- _WHAT YOU NEED TO DO_: Copying exactly, give the lines in the material below from the one with "xs ++ (until ∷ [])" to the one with "until ∷ 0 ∷ [])) r')", ends included, and nothing besides.

*-*-*

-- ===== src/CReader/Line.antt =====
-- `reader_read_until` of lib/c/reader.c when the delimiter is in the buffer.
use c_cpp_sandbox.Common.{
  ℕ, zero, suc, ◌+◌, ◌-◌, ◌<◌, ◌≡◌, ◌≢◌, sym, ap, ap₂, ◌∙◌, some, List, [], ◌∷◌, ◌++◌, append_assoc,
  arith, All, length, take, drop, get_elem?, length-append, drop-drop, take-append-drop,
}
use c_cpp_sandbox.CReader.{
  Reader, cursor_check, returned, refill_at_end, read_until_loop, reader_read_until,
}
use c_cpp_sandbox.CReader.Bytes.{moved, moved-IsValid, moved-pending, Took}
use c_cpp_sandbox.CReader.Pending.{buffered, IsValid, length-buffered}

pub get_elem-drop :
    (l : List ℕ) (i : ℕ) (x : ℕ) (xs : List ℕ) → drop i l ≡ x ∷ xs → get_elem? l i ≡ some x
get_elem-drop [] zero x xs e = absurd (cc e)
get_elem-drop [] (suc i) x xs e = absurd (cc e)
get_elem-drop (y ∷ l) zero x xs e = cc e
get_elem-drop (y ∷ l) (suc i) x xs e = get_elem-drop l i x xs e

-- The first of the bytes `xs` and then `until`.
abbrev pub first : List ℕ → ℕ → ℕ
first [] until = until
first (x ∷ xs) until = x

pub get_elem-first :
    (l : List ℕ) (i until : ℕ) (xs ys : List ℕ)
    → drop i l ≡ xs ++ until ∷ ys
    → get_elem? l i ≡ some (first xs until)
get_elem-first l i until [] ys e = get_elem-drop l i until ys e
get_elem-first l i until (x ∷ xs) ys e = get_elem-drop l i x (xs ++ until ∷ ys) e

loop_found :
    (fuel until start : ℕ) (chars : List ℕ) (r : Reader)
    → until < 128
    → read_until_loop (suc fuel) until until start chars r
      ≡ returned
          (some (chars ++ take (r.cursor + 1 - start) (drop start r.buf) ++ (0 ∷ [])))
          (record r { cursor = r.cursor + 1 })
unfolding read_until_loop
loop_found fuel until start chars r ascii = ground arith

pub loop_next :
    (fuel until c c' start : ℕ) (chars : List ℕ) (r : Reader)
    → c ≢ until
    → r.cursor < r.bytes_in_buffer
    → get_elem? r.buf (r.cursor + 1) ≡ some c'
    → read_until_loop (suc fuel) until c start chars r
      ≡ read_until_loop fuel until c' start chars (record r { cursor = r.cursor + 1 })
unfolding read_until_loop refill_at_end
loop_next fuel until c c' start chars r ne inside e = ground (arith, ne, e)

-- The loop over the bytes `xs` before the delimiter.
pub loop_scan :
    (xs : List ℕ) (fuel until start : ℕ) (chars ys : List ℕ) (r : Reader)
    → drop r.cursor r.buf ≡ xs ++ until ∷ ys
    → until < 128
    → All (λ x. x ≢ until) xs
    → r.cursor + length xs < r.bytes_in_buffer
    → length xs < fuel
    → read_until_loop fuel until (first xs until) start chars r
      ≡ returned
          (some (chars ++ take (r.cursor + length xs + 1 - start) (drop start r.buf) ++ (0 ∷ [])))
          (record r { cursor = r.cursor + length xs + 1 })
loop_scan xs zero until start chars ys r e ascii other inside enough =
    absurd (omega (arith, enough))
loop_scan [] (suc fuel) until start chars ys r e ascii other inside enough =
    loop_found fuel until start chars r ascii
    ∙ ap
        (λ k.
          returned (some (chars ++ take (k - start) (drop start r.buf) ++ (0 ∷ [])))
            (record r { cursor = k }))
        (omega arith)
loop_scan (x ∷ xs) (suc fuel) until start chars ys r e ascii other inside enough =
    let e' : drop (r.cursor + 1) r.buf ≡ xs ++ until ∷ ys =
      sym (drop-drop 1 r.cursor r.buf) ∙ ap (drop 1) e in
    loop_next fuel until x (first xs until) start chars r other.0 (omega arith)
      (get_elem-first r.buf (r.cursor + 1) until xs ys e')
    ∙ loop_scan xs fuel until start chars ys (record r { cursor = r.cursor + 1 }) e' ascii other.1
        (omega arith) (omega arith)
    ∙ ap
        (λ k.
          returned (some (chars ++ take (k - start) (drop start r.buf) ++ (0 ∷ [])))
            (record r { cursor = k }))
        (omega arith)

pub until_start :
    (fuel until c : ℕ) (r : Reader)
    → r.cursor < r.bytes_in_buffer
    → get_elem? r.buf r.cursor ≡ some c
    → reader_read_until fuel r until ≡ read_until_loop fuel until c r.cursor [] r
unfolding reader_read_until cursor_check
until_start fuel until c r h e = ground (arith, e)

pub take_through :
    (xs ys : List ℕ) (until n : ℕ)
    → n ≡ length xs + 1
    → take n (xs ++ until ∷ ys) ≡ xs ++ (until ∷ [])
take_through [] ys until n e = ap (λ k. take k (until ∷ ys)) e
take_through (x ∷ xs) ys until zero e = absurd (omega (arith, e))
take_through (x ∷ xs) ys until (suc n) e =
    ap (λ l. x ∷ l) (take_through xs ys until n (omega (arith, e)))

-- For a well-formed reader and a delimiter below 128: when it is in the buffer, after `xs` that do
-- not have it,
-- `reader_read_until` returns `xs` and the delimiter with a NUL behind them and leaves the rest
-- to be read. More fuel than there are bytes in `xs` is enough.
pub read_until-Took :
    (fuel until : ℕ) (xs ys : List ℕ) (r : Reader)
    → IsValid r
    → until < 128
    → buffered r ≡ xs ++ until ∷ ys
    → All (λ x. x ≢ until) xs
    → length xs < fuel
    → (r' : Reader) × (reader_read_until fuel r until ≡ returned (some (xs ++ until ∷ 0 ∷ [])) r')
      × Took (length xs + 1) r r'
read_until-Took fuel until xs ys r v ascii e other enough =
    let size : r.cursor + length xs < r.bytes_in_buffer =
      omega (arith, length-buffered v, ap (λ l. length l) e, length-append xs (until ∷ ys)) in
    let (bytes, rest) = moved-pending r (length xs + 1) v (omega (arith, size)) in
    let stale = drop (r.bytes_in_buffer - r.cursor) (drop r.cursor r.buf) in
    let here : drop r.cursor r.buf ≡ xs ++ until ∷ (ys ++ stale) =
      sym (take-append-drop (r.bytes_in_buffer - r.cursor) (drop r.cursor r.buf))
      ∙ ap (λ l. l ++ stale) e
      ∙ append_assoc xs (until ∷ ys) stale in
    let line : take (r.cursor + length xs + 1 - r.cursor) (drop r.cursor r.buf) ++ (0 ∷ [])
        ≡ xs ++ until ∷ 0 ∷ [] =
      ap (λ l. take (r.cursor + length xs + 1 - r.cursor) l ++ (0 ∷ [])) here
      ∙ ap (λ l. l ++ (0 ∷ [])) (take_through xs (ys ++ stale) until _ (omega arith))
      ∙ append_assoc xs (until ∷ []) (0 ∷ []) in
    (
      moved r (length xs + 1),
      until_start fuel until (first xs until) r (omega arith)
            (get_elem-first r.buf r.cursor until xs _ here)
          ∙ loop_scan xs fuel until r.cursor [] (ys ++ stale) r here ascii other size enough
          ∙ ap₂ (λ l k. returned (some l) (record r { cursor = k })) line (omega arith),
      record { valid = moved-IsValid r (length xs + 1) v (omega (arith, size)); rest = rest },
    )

*-*-*

- _ANSWER BOX_:
    → take n (xs ++ until ∷ ys) ≡ xs ++ (until ∷ [])
take_through [] ys until n e = ap (λ k. take k (until ∷ ys)) e
take_through (x ∷ xs) ys until zero e = absurd (omega (arith, e))
take_through (x ∷ xs) ys until (suc n) e =
    ap (λ l. x ∷ l) (take_through xs ys until n (omega (arith, e)))

-- For a well-formed reader and a delimiter below 128: when it is in the buffer, after `xs` that do
-- not have it,
-- `reader_read_until` returns `xs` and the delimiter with a NUL behind them and leaves the rest
-- to be read. More fuel than there are bytes in `xs` is enough.
pub read_until-Took :
    (fuel until : ℕ) (xs ys : List ℕ) (r : Reader)
    → IsValid r
    → until < 128
    → buffered r ≡ xs ++ until ∷ ys
    → All (λ x. x ≢ until) xs
    → length xs < fuel
    → (r' : Reader) × (reader_read_until fuel r until ≡ returned (some (xs ++ until ∷ 0 ∷ [])) r')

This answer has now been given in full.